Morirse está del carajo para el escritor Enrique Berruga en lo que Jorge Zepeda Patterson describe como «un divertimento, un compendio filosófico y un tutorial para pasar a mejor vida»
Ciudad de México, 18 de junio (SinEmbargo).- Todos los que llegamos a cierta edad tendríamos que celebrar la publicación de este libro de Berruga. En realidad todos deberían leer este libro antes de morirse. Y es que con La eternidad no tiene futuro el autor demuestra que morirse está del carajo; pasar a mejor vida en realidad no es como lo pintan.
Esta novela es un divertimento, pero también un compendio filosófico. Aunque bien mirado, es un manual del usuario de nuestro primer día en el Cielo. Un tutorial, digamos.
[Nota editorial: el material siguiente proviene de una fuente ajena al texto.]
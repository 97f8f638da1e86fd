-- ===== src/Token/Code.antt =====
-- exchangeAuthorizationCode and mintIDToken.
pub mod IdToken
pub mod Redeem
use sienne.Base.{
  ℕ, zero, suc, ◌+◌, ◌-◌, ◌*◌, ◌/◌, ◌%◌, ◌^◌, ◌≤◌, ◌<◌, String, ◌≡◌, refl, sym, ap, subst, ◌∙◌, ◌≢◌,
  ◌↔◌, ◌⊎◌, inl, inr, Bool, true, false, not, ◌&&◌, ◌||◌, Option, none, some, List, [], ◌∷◌, ◌++◌,
  map, arith, ◌==◌, eq_iff, eq_refl, ltb, leb, nat_eq, nat_eq_iff, if◌then◌else◌, Bool-cases,
  Option-cases, length, length-append, All, All-append, Any,
}
use sienne.Base.Exec.{
  caught, Fault, no_rows, other, Result, ok, err, fault, Exec, Port, pure, fail, raise, call,
  always, ignore, guard, require, ◌>>=◌, ◌>>◌,
}
use sienne.Base.Int.{
  ℤ, pos, negsuc, pos_part, neg_part, sub_ℕ, ◌+ℤ◌, ◌-ℤ◌, ◌*ℤ◌, ◌<ℤ◌, ltb_ℤ, eqb_ℤ, ltb_ℤ_iff,
  eqb_ℤ_iff, nanos_per_second, seconds, unix, whole_seconds, +ℤ_parts,
}
use sienne.Base.Text.{trim_space, to_lower, to_upper, join, is_blank, trim_space_idem}
use sienne.Domain.{Client, User, AuthorizationCode}
use sienne.Ports.{
  SessionCacheEntry, SessionCache, ReplayStatus, replay_none, replay_grace, replay_rejected,
  TokenResponse, ReplayResult, AccessTokenEntry, RefreshTokenEntry, TokenCache, DeviceCodeEntry,
  DeviceCodes, Clients, Sessions, Consents, AuthorizationCodes, Users, Tokens, Clock, Json, Strconv,
  Passwords, Claim, text, texts, number, flag, Signer, Digest,
}
use sienne.Scopes.{contains, normalize_from, normalize_scopes, allowed_set, each_in, all_contained}
use sienne.Token.{
  Err, unsupported_grant_type, invalid_client, invalid_scope, invalid_code, invalid_redirect_uri,
  invalid_code_verifier, invalid_refresh_token, invalid_user_credentials, invalid_device_code,
  authorization_pending, slow_down, access_denied, Input, Answer, Service,
  refresh_token_grace_period, grant_authorization_code, grant_refresh_token,
  grant_client_credentials, grant_password, grant_device_code, verifies, validate_client_secret,
  validate_code_verifier, must_decode_scope_json, should_issue_refresh_token, int64_string_ptr,
  granted_scopes, answer_of_response, find_client, check_secret, access_claims, access_model,
  mint_access, refresh_model, refresh_entry, new_refresh_token, add_refresh,
  issue_user_grant_tokens,
}

-- The TTL of an ID token: the client's, else that of its access tokens, else an hour.
unfoldable pub id_token_ttl : Client → ℤ
id_token_ttl client =
    if ltb_ℤ (pos 0) client.id_token_ttl_seconds
    then client.id_token_ttl_seconds
    else if ltb_ℤ (pos 0) client.access_token_ttl_seconds
    then client.access_token_ttl_seconds
    else pos 3600

module _ {W : Type 0} (s : Service W) where
  unfoldable pub id_claims : Client → User → AuthorizationCode → ℤ → String → List (String × Claim)
  unfolding id_token_ttl
  id_claims client user code now jti =
      let expires = now +ℤ seconds (id_token_ttl client) in
      ("iss", text s.issuer)
      ∷ ("sub", text user.user_uuid)
      ∷ ("aud", text client.client_id)
      ∷ ("exp", number (unix expires))
      ∷ ("iat", number (unix now))
      ∷ ("auth_time", number (unix now))
      ∷ ("jti", text jti)
      ∷ ("azp", text client.client_id)
      ∷ ("name", text user.display_name)
      ∷ ("preferred_username", text user.username)
      ∷ ("email", text user.email)
      ∷ ("email_verified", flag user.email_verified)
      ∷ (if is_blank code.nonce_value then [] else ("nonce", text code.nonce_value) ∷ [])

  unfoldable pub mint_id_token : Client → User → AuthorizationCode → ℤ → Exec W Err String
  unfolding id_claims
  mint_id_token client user code now = do
    jti ← always s.new_uuid
    call (s.signer.mint (id_claims client user code now jti))

  -- The ID token, for the openid scope alone.
  unfoldable pub add_id_token :
      Bool → Client → User → AuthorizationCode → ℤ → Answer → Exec W Err Answer
  unfolding mint_id_token
  add_id_token false client user code now answer = pure answer
  add_id_token true client user code now answer = do
    id_token ← mint_id_token client user code now
    pure (record answer { id_token = id_token })

  -- From the point where the client has proved itself.
  unfoldable pub redeem : Input → Client → Exec W Err Answer
  unfolding issue_user_grant_tokens add_id_token must_decode_scope_json validate_code_verifier
  redeem input client = do
    at ← always s.clock.now
    consumed ← call (s.auth_codes.consume_by_code input.code at)
    code ← require consumed invalid_code
    guard (eqb_ℤ code.client_db_id client.id) invalid_code
    guard (code.redirect_uri == input.redirect_uri) invalid_redirect_uri
    guard (validate_code_verifier s.digest code input.code_verifier client.require_pkce)
        invalid_code_verifier
    found ← call (s.users.find_by_id code.user_id)
    user ← require found invalid_code
    now ← always s.clock.now
    let scopes = must_decode_scope_json s.json code.scopes_json
    answer ← issue_user_grant_tokens s client user scopes now
    add_id_token (contains scopes "openid") client user code now answer

  unfoldable pub exchange_authorization_code : Input → Exec W Err Answer
  unfolding find_client check_secret redeem
  exchange_authorization_code input = do
    guard (input.grant_type == grant_authorization_code) unsupported_grant_type
    client ← find_client s input grant_authorization_code
    guard (contains client.redirect_uris input.redirect_uri) invalid_redirect_uri
    check_secret s input client
    redeem input client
Por su lectura nos enteramos de que en el Cielo hay arpas y cantos gregorianos, pero también música ranchera y vallenatos colombianos, aunque sean mero ruido porque allá nadie se desgarra las vestiduras por celos y amores incomprendidos.
En el Cielo todos se quieren y son buenas personas, salvo uno que es el vivo retrato del Niño Verde. De hecho el personaje es verde. El caso es que en el Cielo uno no puede morirse de envidia o morirse de ganas por algo. Peor aún, uno no puede morirse. Y allí está el meollo del asunto, como luego veremos. Por lo demás, todo en el Cielo es divino.
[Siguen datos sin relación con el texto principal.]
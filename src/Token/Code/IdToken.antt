-- ===== src/Token/Code/IdToken.antt =====
-- What the ID token of an exchanged authorization code says.
use sienne.Base.{
  String, ◌≡◌, refl, ◌⊎◌, inl, inr, true, some, List, [], ◌∷◌, if◌then◌else◌, Bool-cases,
}
use sienne.Base.Exec.{ok}
use sienne.Base.Exec.Success.{always-eq-ok, call_alone-eq-ok}
use sienne.Base.Int.{ℤ, unix}
use sienne.Base.Text.{is_blank}
use sienne.Domain.{Client, User, AuthorizationCode}
use sienne.Ports.{Claim, text, number}
use sienne.Token.{Service}
use sienne.Token.Contents.{claim}
use sienne.Token.Code.{id_claims, mint_id_token}

module _ {W : Type 0} (s : Service W) (client : Client) (user : User) (code : AuthorizationCode)
    (now : ℤ) where
  -- The claims are about the user, for the client, with the nonce of the code if it has one.
  pub record IdClaims (claims : List (String × Claim)) : Type 0 where
    pub issuer : claim "iss" claims ≡ some (text s.issuer)
    pub subject : claim "sub" claims ≡ some (text user.user_uuid)
    pub audience : claim "aud" claims ≡ some (text client.client_id)
    pub email : claim "email" claims ≡ some (text user.email)
    pub issued : claim "iat" claims ≡ some (number (unix now))
    pub nonce :
        (is_blank code.nonce_value ≡ true) ⊎ (claim "nonce" claims ≡ some (text code.nonce_value))

  nonce_claim :
      (nonce : String)
      → (is_blank nonce ≡ true)
        ⊎ (claim "nonce" (if is_blank nonce then [] else ("nonce", text nonce) ∷ [])
            ≡ some (text nonce))
  nonce_claim nonce = elim (Bool-cases (is_blank nonce)) [
    | inl blank ↦ inl blank
    | inr filled ↦ inr (rw filled refl)
  ]

  id_claims-IdClaims : (jti : String) → IdClaims (id_claims s client user code now jti)
  unfolding id_claims
  id_claims-IdClaims jti = record {
    issuer = refl;
    subject = refl;
    audience = refl;
    email = refl;
    issued = refl;
    nonce = nonce_claim code.nonce_value;
  }

  -- The token was signed from such claims.
  pub record IdToken (token : String) : Type 0 where
    pub claims : List (String × Claim)
    pub before : W
    pub signed : W
    pub says : IdClaims claims
    pub minted : s.signer.mint claims before ≡ (ok token, signed)

  pub mint_id_token-IdToken :
      (token : String) (w v : W)
      → mint_id_token s client user code now w ≡ (ok token, v)
      → IdToken token
  unfolding mint_id_token
  mint_id_token-IdToken token w v h = record {
    claims = id_claims s client user code now (s.new_uuid w).0;
    before = (s.new_uuid w).1;
    signed = v;
    says = id_claims-IdClaims (s.new_uuid w).0;
    minted = call_alone-eq-ok _ (always-eq-ok _ _ h);
  }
Ser distinto o individualista es visto como una maldición. Sólo entre iguales puede terminarse con el odio y la ambición, dice la filosofía celestial. Por eso es que el personaje central concluye que el paraíso es comunista. Tiene la ventaja adicional de que carece de campos de trabajos forzado, de purgas, de prensa oficial y de disidentes.
Quien dice eso es Blanco, un recién llegado al Cielo, quien tratando de entenderlo describe usos y costumbres de los ángeles y sus huestes.
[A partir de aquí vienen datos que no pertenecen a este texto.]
-- ===== src/Token/Code/Redeem.antt =====
-- What holds when an authorization code is exchanged for tokens.
use sienne.Base.{
  String, ◌≡◌, refl, ap, subst, ◌∙◌, ◌⊎◌, inl, inr, Bool, true, false, some, List, arith, eq_iff,
}
use sienne.Base.Exec.{ok}
use sienne.Base.Exec.Success.{
  >>=-eq-ok, require-eq-ok, call-eq-ok, always-eq-ok, guard-eq-ok, pure-eq-ok,
}
use sienne.Base.Int.{ℤ, eqb_ℤ_iff}
use sienne.Base.Text.{trim_space, to_upper, is_blank}
use sienne.Domain.{Client, AuthorizationCode, User}
use sienne.Ports.{Digest}
use sienne.Scopes.{contains}
use sienne.Scopes.Laws.{In, contains_iff}
use sienne.Token.{
  Input, Answer, Service, grant_authorization_code, validate_code_verifier, must_decode_scope_json,
}
use sienne.Token.Issue.{
  MayUse, find_client-eq-ok, UserTokens, UserTokens-with, issue_user_grant_tokens-UserTokens,
}
use sienne.Token.Code.{add_id_token, redeem, exchange_authorization_code}
use sienne.Token.Contents.{
  Decoded, must_decode_scope_json-Decoded, SecretGiven, validate_client_secret-SecretGiven,
}
use sienne.Token.Code.IdToken.{IdToken, mint_id_token-IdToken}

-- No challenge where the client does not ask for one, or a verifier that answers the challenge.
abbrev pub PkceProven : Digest → AuthorizationCode → String → Bool → Type 0
PkceProven digest code verifier require_pkce =
    ((is_blank code.code_challenge ≡ true) × (require_pkce ≡ false))
    ⊎ ((is_blank code.code_challenge ≡ false)
        × (is_blank verifier ≡ false)
        × (((to_upper code.code_challenge_method ≡ "S256")
              × (code.code_challenge ≡ digest.sha256_base64url verifier))
            ⊎ (((to_upper code.code_challenge_method ≡ "PLAIN")
                  ⊎ (is_blank (to_upper code.code_challenge_method) ≡ true))
                × (code.code_challenge ≡ verifier))))

pub validate_code_verifier-PkceProven :
    (digest : Digest) (code : AuthorizationCode) (verifier : String) (require_pkce : Bool)
    → validate_code_verifier digest code verifier require_pkce ≡ true
    → PkceProven digest code verifier require_pkce
unfolding validate_code_verifier
validate_code_verifier-PkceProven digest code verifier require_pkce h =
    let m = to_upper code.code_challenge_method in
    ground (
      arith,
      eq_iff m "PLAIN",
      eq_iff m "S256",
      eq_iff code.code_challenge verifier,
      eq_iff code.code_challenge (digest.sha256_base64url verifier),
    )

-- What the code that was redeemed, its client and its user are to the tokens of the answer.
pub record Redeemed {W : Type 0} (s : Service W) (input : Input) (client : Client) (w : W)
    (a : Answer) : Type 0 where
  pub code : AuthorizationCode
  pub user : User
  pub now : ℤ
  pub consumed : W
  pub found : W
  pub taken :
      s.auth_codes.consume_by_code input.code (s.clock.now w).0 (s.clock.now w).1
      ≡ (ok (some code), consumed)
  pub own : code.client_db_id ≡ client.id
  pub same_uri : code.redirect_uri ≡ input.redirect_uri
  pub pkce : PkceProven s.digest code input.code_verifier client.require_pkce
  pub owner : s.users.find_by_id code.user_id consumed ≡ (ok (some user), found)
  pub scopes : Decoded s.json code.scopes_json (must_decode_scope_json s.json code.scopes_json)
  pub tokens : UserTokens s client user (must_decode_scope_json s.json code.scopes_json) now a
  pub id_token :
      (a.id_token ≡ "")
      ⊎ (In "openid" (must_decode_scope_json s.json code.scopes_json)
          × IdToken s client user code now a.id_token)

module _ {W : Type 0} (s : Service W) where
  add_id_token-keeps :
      (openid : Bool) (client : Client) (user : User) (code : AuthorizationCode)
      (scopes : List String) (now : ℤ) (b a : Answer) (w v : W)
      → UserTokens s client user scopes now b
      → b.id_token ≡ ""
      → contains scopes "openid" ≡ openid
      → add_id_token s openid client user code now b w ≡ (ok a, v)
      → UserTokens s client user scopes now a
        × ((a.id_token ≡ "") ⊎ (In "openid" scopes × IdToken s client user code now a.id_token))
  unfolding add_id_token
  add_id_token-keeps false client user code scopes now b a w v tokens blank asked h =
      let (e, end) = pure-eq-ok h in
      subst
        (λ (x : Answer).
          UserTokens s client user scopes now x
          × ((x.id_token ≡ "") ⊎ (In "openid" scopes × IdToken s client user code now x.id_token)))
        e (tokens, inl blank)
  add_id_token-keeps true client user code scopes now b a w v tokens blank asked h =
      let (token, w₁, minted, h₁) = >>=-eq-ok _ _ h in
      let (e, end) = pure-eq-ok h₁ in
      subst
        (λ (x : Answer).
          UserTokens s client user scopes now x
          × ((x.id_token ≡ "") ⊎ (In "openid" scopes × IdToken s client user code now x.id_token)))
        e
        (
          UserTokens-with s client user scopes now b token tokens,
          inr (
            (contains_iff _ _).0 asked,
            mint_id_token-IdToken s client user code now token w w₁ minted,
          ),
        )

  redeem-Redeemed :
      (input : Input) (client : Client) (w v : W) (a : Answer)
      → redeem s input client w ≡ (ok a, v)
      → Redeemed s input client w a
  unfolding redeem
  redeem-Redeemed input client w v a h =
      let h₁ = always-eq-ok _ _ h in
      let (consumed, w₂, taken, h₂) = call-eq-ok _ _ h₁ in
      let (code, known, h₃) = require-eq-ok _ _ _ h₂ in
      let (own, h₄) = guard-eq-ok _ _ _ h₃ in
      let (same_uri, h₅) = guard-eq-ok _ _ _ h₄ in
      let (proven, h₆) = guard-eq-ok _ _ _ h₅ in
      let (found, w₃, looked, h₇) = call-eq-ok _ _ h₆ in
      let (user, exists, h₈) = require-eq-ok _ _ _ h₇ in
      let h₉ = always-eq-ok _ _ h₈ in
      let (b, w₄, issued, h₁₀) = >>=-eq-ok _ _ h₉ in
      let (tokens, blank) = issue_user_grant_tokens-UserTokens s client user _ _ _ w₄ b issued in
      let (kept, id_token) =
        add_id_token-keeps _ client user code _ _ b a w₄ v tokens blank refl h₁₀ in
      record {
        code = code;
        user = user;
        now = (s.clock.now w₃).0;
        consumed = w₂;
        found = w₃;
        taken = taken ∙ ap (λ c. (ok c, w₂)) known;
        own = (eqb_ℤ_iff _ _).0 own;
        same_uri = (eq_iff _ _).0 same_uri;
        pkce = validate_code_verifier-PkceProven s.digest code _ _ proven;
        owner = looked ∙ ap (λ u. (ok u, w₃)) exists;
        scopes = must_decode_scope_json-Decoded s.json code.scopes_json;
        tokens = kept;
        id_token = id_token;
      }

  -- A code is exchanged only for an active client that is registered for the grant and for the
  -- redirect URI and, where a secret is on file for it, has given one that the verifier accepts; the
  -- code has just been consumed, it was issued to this client and for this redirect URI, its PKCE
  -- challenge is answered, and its user exists. The access token was signed from claims that name
  -- this user, the client, the scopes of the code and the lifetime, and a row that says the same is
  -- stored; so is one for the refresh token, which there is only if the client may refresh and
  -- offline_access was asked for; an ID token is given only for the openid scope, and was signed
  -- from claims that name the user, the client and the nonce of the code, if it has one.
  pub exchange_authorization_code-Redeemed :
      (input : Input) (w v : W) (a : Answer)
      → exchange_authorization_code s input w ≡ (ok a, v)
      → (client : Client) × (w₁ : W) × (s.clients.find_by_client_id (trim_space input.client_id) w
          ≡ (ok (some client), w₁))
        × MayUse client grant_authorization_code
        × In input.redirect_uri client.redirect_uris
        × SecretGiven s.passwords client.client_secret_hash input.client_secret
        × Redeemed s input client w₁ a
  unfolding exchange_authorization_code
  exchange_authorization_code-Redeemed input w v a h =
      let (grant, h₁) = guard-eq-ok _ _ _ h in
      let (client, w₁, found, h₂) = >>=-eq-ok _ _ h₁ in
      let (looked, may) = find_client-eq-ok s input _ w w₁ client found in
      let (registered, h₃) = guard-eq-ok _ _ _ h₂ in
      let (secret, h₄) = guard-eq-ok _ _ _ h₃ in
      (
        client,
        w₁,
        looked,
        may,
        (contains_iff _ _).0 registered,
        validate_client_secret-SecretGiven _ _ _ secret,
        redeem-Redeemed input client w₁ v a h₄,
      )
En el Cielo las alma se clasifican por colores. Blancos, amarillo, verdes, azules, rojos, púrpura, y hasta la cima, negros. Un jerarquía políticamente correcta.
Los Blancos, que son las almas recién ascendidas, llegan como si las hubieran lobotomizado, se integran al Cielo festivos y gozosos y olvidan su vida anterior, como diputados en la cámara estrenando legislatura.
La Tierra es vista como un lugar inferior, un descenso en el escalafón. Salvo para nuestro personaje que, pronto entendemos, es un caso anómalo. Él repudia vivir en el Cielo y quiere volver a ser mortal. Algo absolutamente incomprensible para todas las almas. Nadie entiende que Blanco quiera autodegradarse.
Pero él es distinto. Piensa que la vida eterna es que no tiene futuro. La principal ventaja de la existencia en la Tierra es que los mortales pueden morirse y poner fin al sufrimiento o al desencanto. Incluso aquellos que viven felices y encantados lo están en mayor medida porque saben que la desgracia, un accidente o la alternancia política, están a la vuelta de la esquina; saber que la felicidad es precaria y puede ser efímera la hace más apreciable.
Pero ¿cómo tener una verdadera satisfacción si va a ser eterna? y peor aún, ¿cómo remediar una insatisfacción si nunca podrás ponerle fin?
Y a medida que expresa su desilusión, Blanco se convierte en un incordio para el orden celestial. Las jerarquías se sacuden, el tipo se convierte en un apestado peor visto que Javier Duarte. No obstante, el peligro de que sus ideas cundan entre otras almas lo convierte en una amenaza. Hasta Dios se pregunta, ¿qué hacemos con Blanco? Pero Blanco no es Cuauhtémoc; él sabe que se equivocó; que hay algo que no está bien en el paso que ha dado.
No describiré lo que sucede con este apóstata y con la revolución que comienza a generar su discurso soliviantador. Pero sí es irónico que este especie de Mesías inverso o Che Guevara paradisiaco haya surgido de Blanco. En vida él había sido un ser humano común y corriente, cuya máxima aspiración era convertirse en el tipo de persona que su perro creía que era él
La novela de Enrique Berruga resuelve, de pasada, algunos de los grandes misterios celestiales que nos quitaba el sueño cuando éramos pequeños. Confirma, por ejemplo, que hay una puerta de entrada que resguarda San Pedro, pero no hay bardas, lo cual hace ociosa la función de la puerta. Yo pensaría que es demasiado ingenuo confiar en la buena fe de las almas. No pude menos que pensar que Roberto Madrazo, que inventó maratones con descuento, seguramente encontraría un atajo para colarse como okupa a un penthouse celestial.
El mismo San Pedro en su calidad de cadenero del antro celestial es un enigma. Blanco se pregunta, con razón, ¿quién cuidaba la puerta antes de que San Pedro fuera crucificado? O la entrada era gratuita antes de eso o simplemente las almas que llegaron desde el principio de los tiempos lo habían esperado en plantón como los de la CNTE, pero medido en milenios.
Hay muchas razones para leer esta novela, incluso si pensamos seguir en este mundo otro buen rato. Berruga nos confronta con nuestros propias incongruencias y convivencias mal parchadas. El personaje asiste a su propio funeral y hace un repaso de las prioridades absurdas bajo las que vivió. Nadie al morir se lamenta de no haber pasado más horas encerrado en la oficina, desde luego, y lo más probable es que se lamente de las muchas cosas que dejó de hacer por pasar tantas horas encerrado en la oficina. Sin duda, los cementerios son lugares que ponen en perspectiva todas las cosas.
Finalmente, debo decir que pese a todo lo antes dicho, la eternidad no tiene futuro, es en el fondo una historia de amor. Es la pasión por una mujer lo que incendió a Troya, una mujer es la esperanza del partido demócrata y de toda la humanidad para salvarnos de Trump y es el amor por una mujer lo que provocó que el Cielo estuviera a punto de resquebrajarse como bien lo cuenta esta sabrosa e imperdible novela.